Moraes considerou que a ação do partido não apresenta qualquer indício ou prova de fraude que justifique a reavaliação de parte dos votos registrados pelas urnas.

O ministro ainda condenou a coligação da campanha à reeleição de Bolsonaro a pagar uma multa de quase R$ 23 milhões por litigância de má-fé — quando a Justiça é acionada de forma irresponsável.

Moraes determinou ainda:

o bloqueio e a suspensão dos repasses do fundo partidário às siglas até que a multa seja quitada;

a abertura de um processo administrativo pela Corregedoria-Geral Eleitoral para apurar “eventual desvio de finalidade na utilização da estrutura partidária, inclusive de Fundo Partidário”;

o envio de cópias do inquérito ao Supremo Tribunal Federal (STF), no âmbito da investigação sobre a atuação de uma suposta milícia digital para atacar a democracia e as instituições.

Pedido ‘esdrúxulo’

A ação do partido de Bolsonaro é baseada no relatório de uma consultoria privada que diz que as urnas anteriores ao modelo 2020, que têm um número de série único, deveriam apresentar um número individualizado. Segundo a auditoria, isso não permitiria que esses equipamentos passassem por uma auditagem — o que é desmentido por uma série de especialistas e entidades fiscalizadoras.
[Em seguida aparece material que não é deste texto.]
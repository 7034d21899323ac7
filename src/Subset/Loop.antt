-- ===== src/Subset/Loop.antt =====
-- The loop over the stack finds what stands under the allowed features, and ends.
use mathlib.Core.Path.{subst}
use claw_tune.Base.{
  ℕ, ◌+◌, ◌≡◌, refl, sym, ◌∙◌, ap, true, ◌⊎◌, inl, inr, Option, none, some, List, [], ◌∷◌, All, In,
  arith, Option-cases,
}
use claw_tune.Superset.{has}
use claw_tune.Subset.{
  Terminal, Branch, branch, Child, leaf, inner, Children, get_child, chosen, visit, with_terminal,
  weight,
}
use claw_tune.Subset.Dicts.{find, find_in, find-cons, only_leaf}
use claw_tune.Subset.Entries.{AreTries, IsAllowed, In-chosen, chosen-IsAllowed}
use claw_tune.Subset.Weight.{child_weight, total_weight}

module _ {F : Type 0} (dec : Discrete F) (allowed : List F) where
  -- The terminal stands in the trie under features that are allowed.
  pub record Has (t : Terminal F) (b : Branch F) : Type 0 where
    pub path : List F
    pub in_allowed : All (λ f. has dec f allowed ≡ true) path
    pub is_found : find dec path b ≡ some t

  abbrev pub HasChild : Terminal F → Child F → Type 0
  HasChild t (leaf u) = u ≡ t
  HasChild t (inner b) = Has t b

  abbrev pub AnyChild : Terminal F → List (Child F) → Type 0
  AnyChild t [] = ⊥
  AnyChild t (c ∷ cs) = HasChild t c ⊎ AnyChild t cs

  abbrev pub AnyBranch : Terminal F → List (Branch F) → Type 0
  AnyBranch t [] = ⊥
  AnyBranch t (b ∷ bs) = Has t b ⊎ AnyBranch t bs

  -- What the loop still has and what it has found.
  abbrev pub Reachable : Terminal F → List (Branch F) → List (Terminal F) → Type 0
  Reachable t stack matches = In t matches ⊎ AnyBranch t stack

  any_of :
      (t : Terminal F) (c : Child F) (cs : List (Child F)) → In c cs → HasChild t c → AnyChild t cs
  any_of t c [] i h = absurd i
  any_of t c (d ∷ cs) (inl e) h = inl (subst (HasChild t) (sym e) h)
  any_of t c (d ∷ cs) (inr i) h = inr (any_of t c cs i h)

  only : (fs : List F) (u t : Terminal F) → only_leaf dec fs u ≡ some t → u ≡ t
  only [] u t e = cc
  only (f ∷ fs) u t e = absurd cc

  -- From a dict to its terminal and its children.
  down :
      (t : Terminal F) (n : Option (Terminal F)) (cs : Children F)
      → Has t (branch n cs)
      → (n ≡ some t) ⊎ AnyChild t (chosen dec allowed n cs)
  unfolding find find_in
  down t n cs h = go h.path h.in_allowed h.is_found
    where
      child :
          (f : F) (fs : List F) (c : Child F)
          → All (λ g. has dec g allowed ≡ true) fs
          → find_in dec fs (some c) ≡ some t
          → HasChild t c
      child f fs (leaf u) a e = only fs u t e
      child f fs (inner b) a e = record { path = fs; in_allowed = a; is_found = e }

      go :
          (path : List F)
          → All (λ f. has dec f allowed ≡ true) path
          → find dec path (branch n cs) ≡ some t
          → (n ≡ some t) ⊎ AnyChild t (chosen dec allowed n cs)
      go [] a e = inl e
      go (f ∷ fs) a e = elim (Option-cases (get_child dec f cs)) [
        | inl g ↦ absurd (ground (arith, g, find-cons dec f fs n cs, e))
        | inr (c, g) ↦ inr (
            any_of t c (chosen dec allowed n cs) (In-chosen dec allowed n cs f c a.0 g)
              (child f fs c a.1 (sym (ap (find_in dec fs) g) ∙ sym (find-cons dec f fs n cs) ∙ e)))
      ]

  -- From a child that is visited to the dict.
  up_child :
      (t : Terminal F) (n : Option (Terminal F)) (cs : Children F) (c : Child F)
      → IsAllowed dec allowed cs c
      → HasChild t c
      → Has t (branch n cs)
  unfolding find find_in
  up_child t n cs (leaf u) a h = record {
    path = a.feature ∷ [];
    in_allowed = (a.is_in, tt);
    is_found = find-cons dec a.feature [] n cs ∙ ap (find_in dec []) a.is_there ∙ ap some h;
  }
  up_child t n cs (inner b) a h = record {
    path = a.feature ∷ h.path;
    in_allowed = (a.is_in, h.in_allowed);
    is_found =
        find-cons dec a.feature h.path n cs ∙ ap (find_in dec h.path) a.is_there ∙ h.is_found;
  }

  up :
      (t : Terminal F) (n : Option (Terminal F)) (cs : Children F) (chosen_ones : List (Child F))
      → All (IsAllowed dec allowed cs) chosen_ones
      → AnyChild t chosen_ones
      → Has t (branch n cs)
  up t n cs [] a h = absurd h
  up t n cs (c ∷ ds) a (inl h) = up_child t n cs c a.0 h
  up t n cs (c ∷ ds) a (inr h) = up t n cs ds a.1 h

  -- What `visit` leaves is what there was and what stands in the children.
  pub visit_to :
      (t : Terminal F) (cs : List (Child F)) (stack : List (Branch F)) (matches : List (Terminal F))
      → Reachable t stack matches ⊎ AnyChild t cs
      → Reachable t (visit cs stack matches).0 (visit cs stack matches).1
  unfolding visit
  visit_to t [] stack matches (inl r) = r
  visit_to t [] stack matches (inr h) = absurd h
  visit_to t (leaf u ∷ cs) stack matches (inl (inl i)) =
      visit_to t cs stack (u ∷ matches) (inl (inl (inr i)))
  visit_to t (leaf u ∷ cs) stack matches (inl (inr b)) =
      visit_to t cs stack (u ∷ matches) (inl (inr b))
  visit_to t (leaf u ∷ cs) stack matches (inr (inl e)) =
      visit_to t cs stack (u ∷ matches) (inl (inl (inl e)))
  visit_to t (leaf u ∷ cs) stack matches (inr (inr h)) = visit_to t cs stack (u ∷ matches) (inr h)
  visit_to t (inner b ∷ cs) stack matches (inl (inl i)) =
      visit_to t cs (b ∷ stack) matches (inl (inl i))
  visit_to t (inner b ∷ cs) stack matches (inl (inr r)) =
      visit_to t cs (b ∷ stack) matches (inl (inr (inr r)))
  visit_to t (inner b ∷ cs) stack matches (inr (inl h)) =
      visit_to t cs (b ∷ stack) matches (inl (inr (inl h)))
  visit_to t (inner b ∷ cs) stack matches (inr (inr h)) = visit_to t cs (b ∷ stack) matches (inr h)

  pub visit_from :
      (t : Terminal F) (cs : List (Child F)) (stack : List (Branch F)) (matches : List (Terminal F))
      → Reachable t (visit cs stack matches).0 (visit cs stack matches).1
      → Reachable t stack matches ⊎ AnyChild t cs
  unfolding visit
  visit_from t [] stack matches r = inl r
  visit_from t (leaf u ∷ cs) stack matches r = back (visit_from t cs stack (u ∷ matches) r)
    where
      back :
          Reachable t stack (u ∷ matches) ⊎ AnyChild t cs
          → Reachable t stack matches ⊎ ((u ≡ t) ⊎ AnyChild t cs)
      back (inl (inl (inl e))) = inr (inl e)
      back (inl (inl (inr i))) = inl (inl i)
      back (inl (inr b)) = inl (inr b)
      back (inr h) = inr (inr h)
  visit_from t (inner b ∷ cs) stack matches r = back (visit_from t cs (b ∷ stack) matches r)
    where
      back :
          Reachable t (b ∷ stack) matches ⊎ AnyChild t cs
          → Reachable t stack matches ⊎ (Has t b ⊎ AnyChild t cs)
      back (inl (inl i)) = inl (inl i)
      back (inl (inr (inl h))) = inr (inl h)
      back (inl (inr (inr r))) = inl (inr r)
      back (inr h) = inr (inr h)

  unfoldable pub stack_weight : List (Branch F) → ℕ
  stack_weight [] = 0
  stack_weight (b ∷ bs) = weight b + stack_weight bs

  pub visit_weight :
      (cs : List (Child F)) (stack : List (Branch F)) (matches : List (Terminal F))
      → stack_weight (visit cs stack matches).0 ≡ total_weight dec cs + stack_weight stack
  unfolding visit stack_weight total_weight child_weight
  visit_weight [] stack matches = omega arith
  visit_weight (leaf u ∷ cs) stack matches = visit_weight cs stack (u ∷ matches) ∙ omega arith
  visit_weight (inner b ∷ cs) stack matches = visit_weight cs (b ∷ stack) matches ∙ omega arith

  -- A round of the loop.
  pub round_to :
      (t : Terminal F) (n : Option (Terminal F)) (cs : Children F) (stack : List (Branch F))
      (matches : List (Terminal F))
      → Reachable t (branch n cs ∷ stack) matches
      → Reachable t stack (with_terminal n matches) ⊎ AnyChild t (chosen dec allowed n cs)
  unfolding with_terminal
  round_to t n cs stack matches (inl i) = inl (inl (kept n i))
    where
      kept : (n : Option (Terminal F)) → In t matches → In t (with_terminal n matches)
      kept none i = i
      kept (some u) i = inr i
  round_to t n cs stack matches (inr (inr b)) = inl (inr b)
  round_to t n cs stack matches (inr (inl h)) = here (down t n cs h)
    where
      here :
          (n ≡ some t) ⊎ AnyChild t (chosen dec allowed n cs)
          → Reachable t stack (with_terminal n matches) ⊎ AnyChild t (chosen dec allowed n cs)
      here (inl e) = inl (inl (subst (λ m. In t (with_terminal m matches)) (sym e) (inl refl)))
      here (inr a) = inr a

  pub round_from :
      (t : Terminal F) (n : Option (Terminal F)) (cs : Children F) (stack : List (Branch F))
      (matches : List (Terminal F))
      → AreTries dec cs
      → Reachable t stack (with_terminal n matches) ⊎ AnyChild t (chosen dec allowed n cs)
      → Reachable t (branch n cs ∷ stack) matches
  unfolding with_terminal find
  round_from t n cs stack matches u (inr h) =
      inr (inl (up t n cs (chosen dec allowed n cs) (chosen-IsAllowed dec allowed n cs u) h))
  round_from t n cs stack matches u (inl (inr b)) = inr (inr b)
  round_from t none cs stack matches u (inl (inl i)) = inl i
  round_from t (some v) cs stack matches u (inl (inl (inl e))) =
      inr (inl (record { path = []; in_allowed = tt; is_found = ap some e }))
  round_from t (some v) cs stack matches u (inl (inl (inr i))) = inl i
Na terça, ao receber o pedido do PL, Moraes, deu 24 horas para o partido entregar os dados completos da consultoria, inclusive do primeiro turno, já que ambos os turnos usaram as mesmas urnas.

Mas o partido não incluiu o primeiro turno na auditoria — na prática, incluir o primeiro turno levaria ao questionamento da eleição da bancada do PL: a maior da Câmara.

Na decisão desta quarta, Moraes classificou o pedido do PL de “esdrúxulo”, “ilícito” e realizado de maneira inconsequente.

Moraes disse que o partido atentou contra o Estado democrático de direito e usa o pedido para incentivar movimentos criminosos e antidemocráticos que estão ocorrendo nas estradas, inclusive com uso de violência.

O presidente do TSE esclareceu ainda que é descabida a afirmação de que as urnas possuem o mesmo número de identificação, o que impediria o rastreamento. Para Moraes, esse argumento só pode ter sido levantado por ignorância — o que não parece ser o caso, segundo Moraes –, ou má fé.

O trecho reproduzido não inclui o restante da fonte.